Ayrıca, AXA IM araştırmalarına göre, Alman otomobil endüstrisi şu anda 1,6 çarpan etkisine sahip, bu da bu sektördeki üretimdeki her artış veya azalma için ekonominin geri kalanının %60 oranında güçlendirilmiş bir etki yaşayacağı anlamına geliyor. Volkswagen skandalının Alman GSYİH üzerindeki etkisine ilişkin tahminler, büyümedeki %0,1'lik düşüşten, bu daralmayı %1,1'e çıkaran en karamsar tahminlere kadar uzanıyor. Alman hükümetinin 2015 yılında ekonominin tamamı için %1,7 büyüme beklediğini düşünürsek, bu hiç de küçük bir mesele değil.

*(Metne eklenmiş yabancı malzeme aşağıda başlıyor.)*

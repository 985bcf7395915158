-- ===== src/PowerSleep.antt =====
-- Deep sleep of firmware/src/power_sleep.c: the requests for it, the hold-off, and the decision and
-- the window of TMOS's idle callback (`KBD_SLEEP_BENCH_HOOK` not set). Registers are read through a
-- record of what they say; the sleep itself is the SDK's.
pub mod Window
pub mod Holdoff
pub mod Gate
mod Tests
use open_controller.Prelude.{
  ℕ, ◌+◌, ◌-◌, Bool, true, false, not, ◌&&◌, ◌||◌, Option, none, some, ltb, leb, ◌==◌,
  if◌then◌else◌, u32, sub32,
}
use open_controller.SleepProtocol.{elapsed_ticks}

-- `PWR_RTC32K_BACKSTEP_TOLERANCE`
abbrev pub backstep_tolerance : ℕ
backstep_tolerance = 1024

-- The SDK's `RTC_MAX_COUNT`, `WAKE_UP_RTC_MAX_TIME`, `SLEEP_RTC_MIN_TIME` and `SLEEP_RTC_MAX_TIME`,
-- and what its `MS_TO_RTC` makes of `KBD_AUTOSLEEP_HOLDOFF_MS`.
pub record Sdk : Type 0 where
  pub max_count : ℕ
  pub wake_up_max : ℕ
  pub sleep_min : ℕ
  pub sleep_max : ℕ
  pub holdoff : ℕ

-- `pwr_autosleep`, `pwr_gpio_woke`, `pwr_explicit_request`, `pwr_holdoff_start` and
-- `pwr_holdoff_active`
pub record PowerSleep : Type 0 where
  pub autosleep : Bool
  pub gpio_woke : Bool
  pub explicit_request : Bool
  pub holdoff_start : ℕ
  pub holdoff_active : Bool

abbrev pub power_up : PowerSleep
power_up = record {
  autosleep = false;
  gpio_woke = false;
  explicit_request = false;
  holdoff_start = 0;
  holdoff_active = false;
}

-- What `pwr_sleep_until` reads: whether interrupts were enabled, the clock, whether the receive line
-- or anything behind it is busy, whether the trigger has fired, and an edge latched by the time that
-- a refusal disarms the pin; behind the sleep, whether the trigger's or the pin's interrupt has been
-- handled, the clock, and an edge latched since.
pub record Boundary : Type 0 where
  pub unmasked : Bool
  pub now : ℕ
  pub rx_busy : Bool
  pub trigger_due : Bool
  pub edge_before : Bool
  pub trigger_fired : Bool
  pub pin_fired : Bool
  pub woken_at : ℕ
  pub edge_behind : Bool

-- What the callback asks the other parts: `RF_GetState() == RF_STATE_IDLE`, `RF_CanDeepSleep`,
-- `OpenBoot_EntryPending`, `KeyboardUart_TxIdle`, `KeyboardUart_RxQuiet` and
-- `KeyboardUart_TakeRxActivity`, and the clock for the hold-off.
pub record Gates : Type 0 where
  pub rf_idle : Bool
  pub can_deep_sleep : Bool
  pub openboot_pending : Bool
  pub tx_idle : Bool
  pub rx_quiet : Bool
  pub rx_activity : Bool
  pub now : ℕ

-- What a call leaves: the state, the value returned, and the trigger's time if the sleep was entered.
pub record Pass : Type 0 where
  pub sleep : PowerSleep
  pub rc : ℕ
  pub entered : Option ℕ

-- `pwr_rtc_add`
unfoldable pub rtc_add : ℕ → ℕ → ℕ → ℕ
rtc_add max_count base ticks =
    if leb max_count (u32 (base + ticks))
    then u32 (base + ticks) - max_count
    else u32 (base + ticks)

-- `pwr_rtc_sub`
unfoldable pub rtc_sub : ℕ → ℕ → ℕ → ℕ
rtc_sub max_count base ticks =
    if leb ticks base then base - ticks else u32 (base + sub32 max_count ticks)

-- `pwr_note_activity`, at a reading of the clock.
unfoldable pub note_activity : PowerSleep → ℕ → PowerSleep
note_activity s now = record s { holdoff_start = now; holdoff_active = true }

-- `pwr_holdoff_expired`
unfoldable pub holdoff_expired : Sdk → PowerSleep → Bool → ℕ → PowerSleep × Bool
holdoff_expired sdk s rx_activity now =
    if rx_activity
    then (note_activity s now, false)
    else if not s.holdoff_active
    then (s, true)
    else if leb sdk.holdoff (elapsed_ticks now s.holdoff_start sdk.max_count backstep_tolerance)
    then (record s { holdoff_active = false }, true)
    else (s, false)

-- The ticks to sleep, from the clock to the trigger.
unfoldable pub window : Sdk → ℕ → ℕ → ℕ
window sdk time now = if ltb time now then u32 (time + sub32 sdk.max_count now) else time - now

-- What is done behind `pwr_low_power_sleep`, and by the interrupt handlers before.
unfoldable pub woken : PowerSleep → Boundary → PowerSleep
woken s b = record s {
  gpio_woke = b.pin_fired || b.edge_behind;
  holdoff_start = if not b.trigger_fired && b.pin_fired then b.woken_at else s.holdoff_start;
  holdoff_active = not b.trigger_fired && b.pin_fired || s.holdoff_active;
}

-- `pwr_sleep_until`
unfoldable pub sleep_until : Sdk → Boundary → PowerSleep → ℕ → Pass
sleep_until sdk b s deadline =
    let time = rtc_sub sdk.max_count deadline sdk.wake_up_max in
    let ticks = window sdk time b.now in
    if not b.unmasked
    then record { sleep = s; rc = 3; entered = none }
    else if ltb ticks sdk.sleep_min || ltb sdk.sleep_max ticks
    then record { sleep = s; rc = 2; entered = none }
    else if b.rx_busy || b.trigger_due
    then record { sleep = record s { gpio_woke = b.edge_before }; rc = 3; entered = none }
    else record { sleep = woken s b; rc = 0; entered = some time }

-- `PowerSleep_SetAutosleep`
unfoldable pub set_autosleep : PowerSleep → Bool → ℕ → PowerSleep
set_autosleep s on now = record (if on && not s.autosleep then note_activity s now else s) {
  autosleep = on;
}

-- `PowerSleep_RequestExplicit`
unfoldable pub request_explicit : PowerSleep → PowerSleep
request_explicit s = record s { explicit_request = true }

-- `PowerSleep_CancelExplicit`
unfoldable pub cancel_explicit : PowerSleep → PowerSleep
cancel_explicit s = record s { explicit_request = false }

-- The explicit part of `CH59x_LowPower`.
unfoldable pub sleep_explicit : Sdk → Gates → Boundary → PowerSleep → ℕ → Pass
sleep_explicit sdk g b s deadline =
    let p = sleep_until sdk b s deadline in
    if not g.rf_idle || g.openboot_pending || not g.tx_idle || not g.rx_quiet
    then record { sleep = s; rc = 3; entered = none }
    else record p {
      sleep = record p.sleep {
        explicit_request = p.sleep.explicit_request && not (p.rc == 0 && p.sleep.gpio_woke);
      };
    }

-- The rest of it, with the hold-off looked at.
unfoldable pub sleep_armed : Sdk → Gates → Boundary → PowerSleep × Bool → ℕ → Pass
sleep_armed sdk g b (s, expired) deadline =
    if not expired || not g.tx_idle || not g.rx_quiet || not (g.rf_idle || g.can_deep_sleep)
    then record { sleep = s; rc = 3; entered = none }
    else sleep_until sdk b s deadline

-- `CH59x_LowPower`, TMOS's idle callback, but for its counters, which are `count_low_power` of DiagDump.
unfoldable pub low_power : Sdk → Gates → Boundary → PowerSleep → ℕ → Pass
low_power sdk g b s deadline =
    if s.explicit_request
    then sleep_explicit sdk g b s deadline
    else if not s.autosleep || g.openboot_pending
    then record { sleep = s; rc = 3; entered = none }
    else sleep_armed sdk g b (holdoff_expired sdk s g.rx_activity g.now) deadline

Başlıca Alman şirketlerini sarsan bu skandal dizisindeki temel soru, belirli vakalarla ilgili değil, bununla ilgili. Bunun uzun vadede Almanya'nın üretim modeline zarar verebilecek bir sorun olup olmadığını sorun. Bugün bu hipotez pek olası görünmüyor, çünkü hem fiziksel hem de beşeri sermayede muazzam bir potansiyele sahip gelişmiş bir ekonomi ve son on yıllarda kanıtlanmış bir yenilikçi kapasiteye sahip. Stratejisi düşük maliyetle seri üretime dayanan diğer sanayi ülkelerinden (Çin, Hindistan ve Güneydoğu Asya ülkeleri gibi) farklı olarak Alman endüstrisi, başarısını teknolojik yeniliklere ve ürünlerinin kalitesine borçludur. Böyle bir bağlamda, muhtemelen asıl sorun, pazarların güvenini yeniden kazanmak için markalarının güvenilirliği konusundaki şüpheleri ortadan kaldırmak ve şimdiye kadar harika sonuçlar veren bir üretim modelini değiştirmemektir.